И все же Аот сомневался, что Барерису удастся добиться большего успеха, чем тем священникам, что уже пытались помочь ему своими молитвами, и по окончании песни его предположения подтвердились. Ещё один быстрый взгляд повлек за собой очередной спазм боли, и он с шипением стиснул зубы.
— Мне жаль, — произнес Барерис. — Не знаю, чем я ещё могу тебе помочь.
— Все в порядке, — ответил Аот, хотя это было совсем не так. Он почувствовал нарастающую злость, но постарался подавить это чувство, чтобы не выплеснуть свое разочарование на друга. Несправедливо было бы винить Барериса в том, что у него не получилось добиться успеха там, где потерпели неудачу и более умелые целители.
— По крайней мере, — произнес Барерис, — ты сможешь видеть глазами Яркокрылой.
— Да, это, конечно, решит все мои проблемы. Мне всего–то придется провести остаток жизни на улице.
— Необязательно. Просто тебе нужно будет привыкнуть к тому, что внутри помещения тебе придется ориентироваться вслепую, по крайней мере до тех пор, пока твоим друзьям не удастся найти способ тебя исцелить.

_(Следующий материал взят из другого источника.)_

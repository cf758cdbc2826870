-- ===== src/Channel.antt =====
-- yamux/stream.c and yamux/frame.c: the streams of the multiplexer of v1, from the side of the
-- channel; and the part of yamux_decode (yamux/session.c) that a frame's flags decide.
-- A stream has its state twice: in the channel context, which the functions of yamux/stream.c go
-- by, and in the array of the session, which yamux_decode goes by.
pub mod Pieces
pub mod Closing
mod Tests
use c_libp2p.Base.{ℕ, zero, suc, ◌+◌, ◌-◌, List, [], ◌∷◌, ◌++◌, Option, none, some, min, length}
use c_libp2p.Base.{
  Bool, true, false, not, ltb, ◌==◌, ◌&&◌, ◌||◌, if◌then◌else◌, bit_and, take, drop,
}
use c_libp2p.Base.{be16, be32, ℤ, pos, negsuc}
use c_libp2p.Transport.{Res, ok, stuck}

-- enum yamux_stream_state
pub data StreamState : Type 0 where
  inited syn_sent syn_recv est closing closed : StreamState

abbrev pub state_eq : StreamState → StreamState → Bool
state_eq inited inited = true
state_eq syn_sent syn_sent = true
state_eq syn_recv syn_recv = true
state_eq est est = true
state_eq closing closing = true
state_eq closed closed = true
state_eq _ _ = false

abbrev pub frame_syn : ℕ
frame_syn = 1

abbrev pub frame_ack : ℕ
frame_ack = 2

abbrev pub frame_fin : ℕ
frame_fin = 4

abbrev pub frame_rst : ℕ
frame_rst = 8

abbrev pub frame_data : ℕ
frame_data = 0

abbrev pub frame_window_update : ℕ
frame_window_update = 1

-- -EINVAL and -EPROTO
abbrev pub einval : ℤ
einval = negsuc 21

abbrev pub eproto : ℤ
eproto = negsuc 70

-- The `write` of the stream below, which takes a whole message or fails.
pub record Parent : Type 1 where
  pub State : Type 0
  pub write : List ℕ → State → Bool × State

-- struct YamuxChannelContext. `session_state` is the state of the stream with this id in the
-- session, where there is one; `window_size` is read as a uint32_t.
pub record Channel : Type 0 where
  pub channel : ℕ
  pub window_size : ℕ
  pub state : StreamState
  pub is_closed : Bool
  pub session_state : Option StreamState

-- the channel that yamux_channel_new makes
abbrev pub channel_new : ℕ → ℕ → Channel
channel_new id window_size = record {
  channel = id;
  window_size = window_size;
  state = inited;
  is_closed = false;
  session_state = some inited;
}

-- encode_frame: the bytes of a frame on the wire
abbrev pub encode_frame : ℕ → ℕ → ℕ → ℕ → List ℕ
encode_frame type flags id len = 0 ∷ type ∷ (be16 flags ++ (be32 id ++ be32 len))

-- a state for the channel, and for the stream of the session
abbrev pub set_both : StreamState → Channel → Channel
set_both s c = record c {
  state = s;
  session_state = elim c.session_state [ none ↦ none | some old ↦ some s ];
}

-- get_flags, of a channel
unfoldable pub get_flags : Channel → ℕ × Channel
get_flags c = elim c.state [
  | inited ↦ (frame_syn, set_both syn_sent c)
  | syn_recv ↦ (frame_ack, set_both est c)
  | syn_sent ↦ (0, c)
  | est ↦ (0, c)
  | closing ↦ (0, c)
  | closed ↦ (0, c)
]

-- what a frame does to the stream of the session, as far as its flags go: yamux_decode. A FIN asks
-- yamux_stream_close to answer, but hands it the result of libp2p_yamux_get_parent_channel_context,
-- which is NULL, so that nothing is sent. A stream that is closed is not found any more; a SYN with
-- its id makes another stream, which is not in view here.
unfoldable pub receive_flags : ℕ → Channel → ℤ × Channel
receive_flags flags c = elim c.session_state [
  | none ↦ (eproto, c)
  | some s ↦
      if state_eq s closed
      then (eproto, c)
      else if ltb 0 (bit_and flags frame_rst)
      then (pos 0, record c { session_state = some closed })
      else if ltb 0 (bit_and flags frame_fin)
      then (pos 0, record c { session_state = some closed })
      else if ltb 0 (bit_and flags frame_ack)
      then (if state_eq s syn_sent
          then (pos 0, record c { session_state = some est })
          else (eproto, c))
      else if ltb 0 flags
      then (eproto, c)
      else (pos 0, c)
]

-- a channel over the stream below its connection
pub record Link (p : Parent) : Type 0 where
  pub parent : p.State
  pub ctx : Channel

module _ (p : Parent) where
  -- yamux_write_frame: the number of bytes, 0 on error
  unfoldable pub write_frame : ℕ → ℕ → ℕ → Link p → ℤ × Link p
  write_frame type flags len l =
      let out = p.write (encode_frame type flags l.ctx.channel len) l.parent in
      (if out.0 then pos 12 else pos 0, record l { parent = out.1 })

  -- yamux_stream_init
  unfoldable pub stream_init : Link p → ℤ × Link p
  stream_init l =
      if not (state_eq l.ctx.state inited) || l.ctx.is_closed
      then (einval, l)
      else write_frame frame_window_update frame_syn 0 (record l { ctx = set_both syn_sent l.ctx })

  -- yamux_stream_close, of a channel
  unfoldable pub channel_close : Link p → ℤ × Link p
  channel_close l =
      if not (state_eq l.ctx.state est) || l.ctx.is_closed
      then (einval, l)
      else write_frame frame_window_update frame_fin 0
          (record l { ctx = record l.ctx { state = closing } })

  -- yamux_stream_reset
  unfoldable pub channel_reset : Link p → ℤ × Link p
  channel_reset l =
      if l.ctx.is_closed
      then (einval, l)
      else write_frame frame_window_update frame_rst 0
          (record l { ctx = record l.ctx { state = closed } })

  -- libp2p_yamux_channel_send_FIN, of a channel over some stream, in any state
  unfoldable pub channel_send_fin : Link p → ℤ × Link p
  channel_send_fin l = (pos 1, (write_frame frame_window_update frame_fin 0 l).1)

  -- yamux_stream_window_update, of a delta as a uint32_t
  unfoldable pub window_update : ℕ → Link p → ℤ × Link p
  window_update delta l =
      if state_eq l.ctx.state closed || state_eq l.ctx.state closing || l.ctx.is_closed
      then (einval, l)
      else write_frame frame_window_update (get_flags l.ctx).0 delta
          (record l { ctx = (get_flags l.ctx).1 })

  -- one message of yamux_stream_write: a frame and its part of the data
  abbrev pub piece : ℕ → ℕ → List ℕ → List ℕ
  piece flags id bytes = encode_frame frame_data flags id (length bytes) ++ bytes

  -- the loop of yamux_stream_write, `total` being the length of all the data
  pub write_rounds : ℕ → ℕ → List ℕ → Link p → Res ℤ × Link p
  write_rounds fuel total [] l = (ok (pos total), l)
  write_rounds zero total (b ∷ bytes) l = (stuck, l)
  write_rounds (suc fuel) total (b ∷ bytes) l =
      let adv = min (length (b ∷ bytes)) l.ctx.window_size in
      let out = p.write (piece (get_flags l.ctx).0 l.ctx.channel (take adv (b ∷ bytes))) l.parent in
      let l' : Link p = record { parent = out.1; ctx = (get_flags l.ctx).1 } in
      let rest = write_rounds fuel total (drop adv (b ∷ bytes)) l' in
      if out.0 then rest else (ok (pos adv), l')

  -- yamux_stream_write
  unfoldable pub channel_write : ℕ → List ℕ → Link p → Res ℤ × Link p
  channel_write fuel bytes l =
      if length bytes == 0 then (ok einval, l) else write_rounds fuel (length bytes) bytes l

Зато снаружи ты сможешь жить полной жизнью. Летать, творить магию и сражаться — всё, как и раньше.
— Нет. Этого не будет. Ты и представить не можешь, как неудобно видеть не своими глазами. Из–за этого твое тело и руки не могут действовать согласованно.
— Со временем ты научишься…
— Хватит! Пожалуйста, хватит. Как там люди и грифоны?
— В армии все ещё царит неразбериха, а при бегстве мы оставили позади множество обозов с припасами. Но я проследил за тем, чтобы наш отряд получил свою долю еды и необходимую целительскую помощь.
— Хорошо. Грифоний Легион, или то, что от него осталось, теперь твой. Уверен, что Нимия утвердит тебя на должность капитана.
— Если она сделает это, я соглашусь — но только до тех пор, пока ты не сможешь сам выполнять свои обязанности.
— Приятно слышать это от тебя, — Аот приоткрыл глаза. Временами желание увидеть мир становилось просто нестерпимым, несмотря на последствия. Секундой спустя он окоченел.
Потому что увидел двух Барерисов, чьи силуэты накладывались друг на друга. Один — очевидно, тот, который и был настоящим — сидел на походном стуле, держа яртинг на коленях. А второй с ухмылкой на лице размахивал марионеткой, дергая за нитки, чтобы заставить её танцевать. Кукла, широкоплечая и одетая в доспехи наездника на грифоне, сжимала в руке копье.
Приступ боли заставил Аота зажмуриться снова, но на этот раз он оказался не столь сокрушительным, как раньше. Боевой маг был до такой степени шокирован и потрясен, что физические ощущения отошли на второй план.
Аот сделал глубокий вдох.
— Я же сказал тебе, эта слепота не похожа на обычную.
— Да, — ответил Барерис.
— Я начинаю чувствовать, что в определенные моменты она даже становится чем–то противоположным. Моим глазам может открыться то, что не способен увидеть обычный человек.
— Правда? Ну, это же хорошо, разве не так?
Аот почувствовал безумное желание расхохотаться.
— Возможно, да, если то, что я вижу, правда. Помоги мне выяснить, так ли это. Я был готов дезертировать, а ты меня отговорил. Помнишь?
Барерис заколебался.
— Ну да.
— Ты убеждал меня простыми словами, как любой обычный человек мог пытаться достучаться до собеседника, или же воспользовался магией своего голоса, чтобы наложить на меня заклинание?
На этот раз Барерис хранил молчание в течение нескольких мгновений — тишина, которая говорила больше, чем любое признание.
— Я сделал это, чтобы ты смог сохранить свою честь, — наконец произнес он. — Потому что знал — если ты нас бросишь, то будешь считать себя трусом.
— Лжец! Ты сделал это только потому, что я был нужен тебе, чтобы я и мои наездники, которые последовали бы за мной, остались и приняли участие в бою. Десять лет я был твоим единственным другом. Я искал твоего общества, в то время как все остальные чурались тебя из–за твоего мрачного нрава и одержимости. Но ты никогда по–настоящему не считал меня своим другом, разве не так? Я был всего лишь ещё одним средством, которым ты мог воспользоваться ради исполнения своей безумной вендетты.